Brief
Below are some entries; set them all down exactly.

Data provided
********************

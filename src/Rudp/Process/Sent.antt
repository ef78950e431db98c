-- ===== src/Rudp/Process/Sent.antt =====
-- RProcess.h: what holds of all packets, after any messages.
use cprogramming.Prelude.{
  ◌+◌, ◌≡◌, refl, arith, inl, inr, true, ◌||◌, Option, none, some, Bool-cases, ◌==◌,
}
use cprogramming.Rudp.Hdr.{
  RHdr, nak_flag, get_flag, dat_flag, chk_flag, flag_check, flag_validate, flag_unset,
}
use cprogramming.Rudp.Queue.{u16, rhead_peak, RState, curr}
use cprogramming.Rudp.Process.{
  Files, FilesLaws, flags_after, answer_flags, answer_numbers, answer_chksum, process_converted,
  process_last, rprocess_request, put_his, convert_bytes,
}
use cprogramming.Rudp.Process.Packets.{Serves, ret_pkt-Serves, invalid_nak-Serves}
use cprogramming.Rudp.Process.Served.{serve_get-Serves, answer_later-Serves}

module _ (fs : Files) (laws : FilesLaws fs) where
  flags_after-Serves :
      (s : RState) (h : RHdr) (o : Option RHdr)
      → curr s ≡ o
      → Serves fs laws s
      → Serves fs laws (flags_after fs s h o).0
  unfolding flags_after
  flags_after-Serves s h none first p = elim (Bool-cases (flag_check h get_flag)) [
    | inl get ↦ rw get (serve_get-Serves fs laws s h first p)
    | inr other ↦ rw other (invalid_nak-Serves fs laws s h p)
  ]
  flags_after-Serves s h (some last) sent p =
      elim (Bool-cases (flag_check h (dat_flag + nak_flag) || flag_validate h nak_flag)) [
        | inr other ↦ rw other (answer_later-Serves fs laws s last h sent p)
        | inl nak ↦ elim (Bool-cases (s.ack == h.ackn)) [
          | inl same ↦
              rw (nak, same) (ret_pkt-Serves fs laws (record s { seq = u16 (s.seq + 1) }) p)
          | inr differs ↦ rw (nak, differs) (invalid_nak-Serves fs laws s h p)
        ]
      ]

  answer_flags-Serves :
      (s : RState) (h : RHdr) → Serves fs laws s → Serves fs laws (answer_flags fs s h).0
  unfolding answer_flags
  answer_flags-Serves s h p = flags_after-Serves s h (curr s) refl p

  answer_numbers-Serves :
      (s : RState) (h : RHdr) → Serves fs laws s → Serves fs laws (answer_numbers fs s h).0
  unfolding answer_numbers
  answer_numbers-Serves s h p =
      ground (arith, answer_flags-Serves s h p, ret_pkt-Serves fs laws s p)

  answer_chksum-Serves :
      (s : RState) (h : RHdr) → Serves fs laws s → Serves fs laws (answer_chksum fs s h).0
  unfolding answer_chksum
  answer_chksum-Serves s h p =
      let h' = flag_unset h chk_flag in
      ground (
        arith,
        answer_numbers-Serves s h p,
        answer_numbers-Serves (put_his h' s) h' p,
        answer_numbers-Serves (put_his h' (record s { chksum = true })) h' p,
      )

  process_converted-Serves :
      (s : RState) (h : RHdr) → Serves fs laws s → Serves fs laws (process_converted fs s h).0
  unfolding process_converted
  process_converted-Serves s h p =
      ground (arith, answer_chksum-Serves s h p, invalid_nak-Serves fs laws s h p)

  process_last-Serves :
      (s : RState) (raw : Option RHdr) → Serves fs laws s → Serves fs laws (process_last fs s raw).0
  unfolding process_last
  process_last-Serves s none p = p
  process_last-Serves s (some raw) p =
      let h = convert_bytes fs raw true in process_converted-Serves (put_his h s) h p

  pub rprocess_request-Serves :
      (s : RState) → Serves fs laws s → Serves fs laws (rprocess_request fs s).0
  unfolding rprocess_request
  rprocess_request-Serves s p = process_last-Serves s (rhead_peak s.his) p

********************

Answer space
filename src/Rudp/Process/Sent.antt
repository ef78950e431db98c
-- ===== src/Rudp/Process/Sent.antt =====
-- RProcess.h: what holds of all packets, after any messages.
use cprogramming.Prelude.{
  ◌+◌, ◌≡◌, refl, arith, inl, inr, true, ◌||◌, Option, none, some, Bool-cases, ◌==◌,
}
use cprogramming.Rudp.Hdr.{
  RHdr, nak_flag, get_flag, dat_flag, chk_flag, flag_check, flag_validate, flag_unset,
}
use cprogramming.Rudp.Queue.{u16, rhead_peak, RState, curr}
use cprogramming.Rudp.Process.{
  Files, FilesLaws, flags_after, answer_flags, answer_numbers, answer_chksum, process_converted,
  process_last, rprocess_request, put_his, convert_bytes,
}
use cprogramming.Rudp.Process.Packets.{Serves, ret_pkt-Serves, invalid_nak-Serves}
use cprogramming.Rudp.Process.Served.{serve_get-Serves, answer_later-Serves}

module _ (fs : Files) (laws : FilesLaws fs) where
  flags_after-Serves :
      (s : RState) (h : RHdr) (o : Option RHdr)
      → curr s ≡ o
      → Serves fs laws s
      → Serves fs laws (flags_after fs s h o).0
  unfolding flags_after
  flags_after-Serves s h none first p = elim (Bool-cases (flag_check h get_flag)) [
    | inl get ↦ rw get (serve_get-Serves fs laws s h first p)
    | inr other ↦ rw other (invalid_nak-Serves fs laws s h p)
  ]
  flags_after-Serves s h (some last) sent p =
      elim (Bool-cases (flag_check h (dat_flag + nak_flag) || flag_validate h nak_flag)) [
        | inr other ↦ rw other (answer_later-Serves fs laws s last h sent p)
        | inl nak ↦ elim (Bool-cases (s.ack == h.ackn)) [
          | inl same ↦
              rw (nak, same) (ret_pkt-Serves fs laws (record s { seq = u16 (s.seq + 1) }) p)
          | inr differs ↦ rw (nak, differs) (invalid_nak-Serves fs laws s h p)
        ]
      ]

  answer_flags-Serves :
      (s : RState) (h : RHdr) → Serves fs laws s → Serves fs laws (answer_flags fs s h).0
  unfolding answer_flags
  answer_flags-Serves s h p = flags_after-Serves s h (curr s) refl p

  answer_numbers-Serves :
      (s : RState) (h : RHdr) → Serves fs laws s → Serves fs laws (answer_numbers fs s h).0
  unfolding answer_numbers
  answer_numbers-Serves s h p =
      ground (arith, answer_flags-Serves s h p, ret_pkt-Serves fs laws s p)

  answer_chksum-Serves :
      (s : RState) (h : RHdr) → Serves fs laws s → Serves fs laws (answer_chksum fs s h).0
  unfolding answer_chksum
  answer_chksum-Serves s h p =
      let h' = flag_unset h chk_flag in
      ground (
        arith,
        answer_numbers-Serves s h p,
        answer_numbers-Serves (put_his h' s) h' p,
        answer_numbers-Serves (put_his h' (record s { chksum = true })) h' p,
      )

  process_converted-Serves :
      (s : RState) (h : RHdr) → Serves fs laws s → Serves fs laws (process_converted fs s h).0
  unfolding process_converted
  process_converted-Serves s h p =
      ground (arith, answer_chksum-Serves s h p, invalid_nak-Serves fs laws s h p)

  process_last-Serves :
      (s : RState) (raw : Option RHdr) → Serves fs laws s → Serves fs laws (process_last fs s raw).0
  unfolding process_last
  process_last-Serves s none p = p
  process_last-Serves s (some raw) p =
      let h = convert_bytes fs raw true in process_converted-Serves (put_his h s) h p

  pub rprocess_request-Serves :
      (s : RState) → Serves fs laws s → Serves fs laws (rprocess_request fs s).0
  unfolding rprocess_request
  rprocess_request-Serves s p = process_last-Serves s (rhead_peak s.his) p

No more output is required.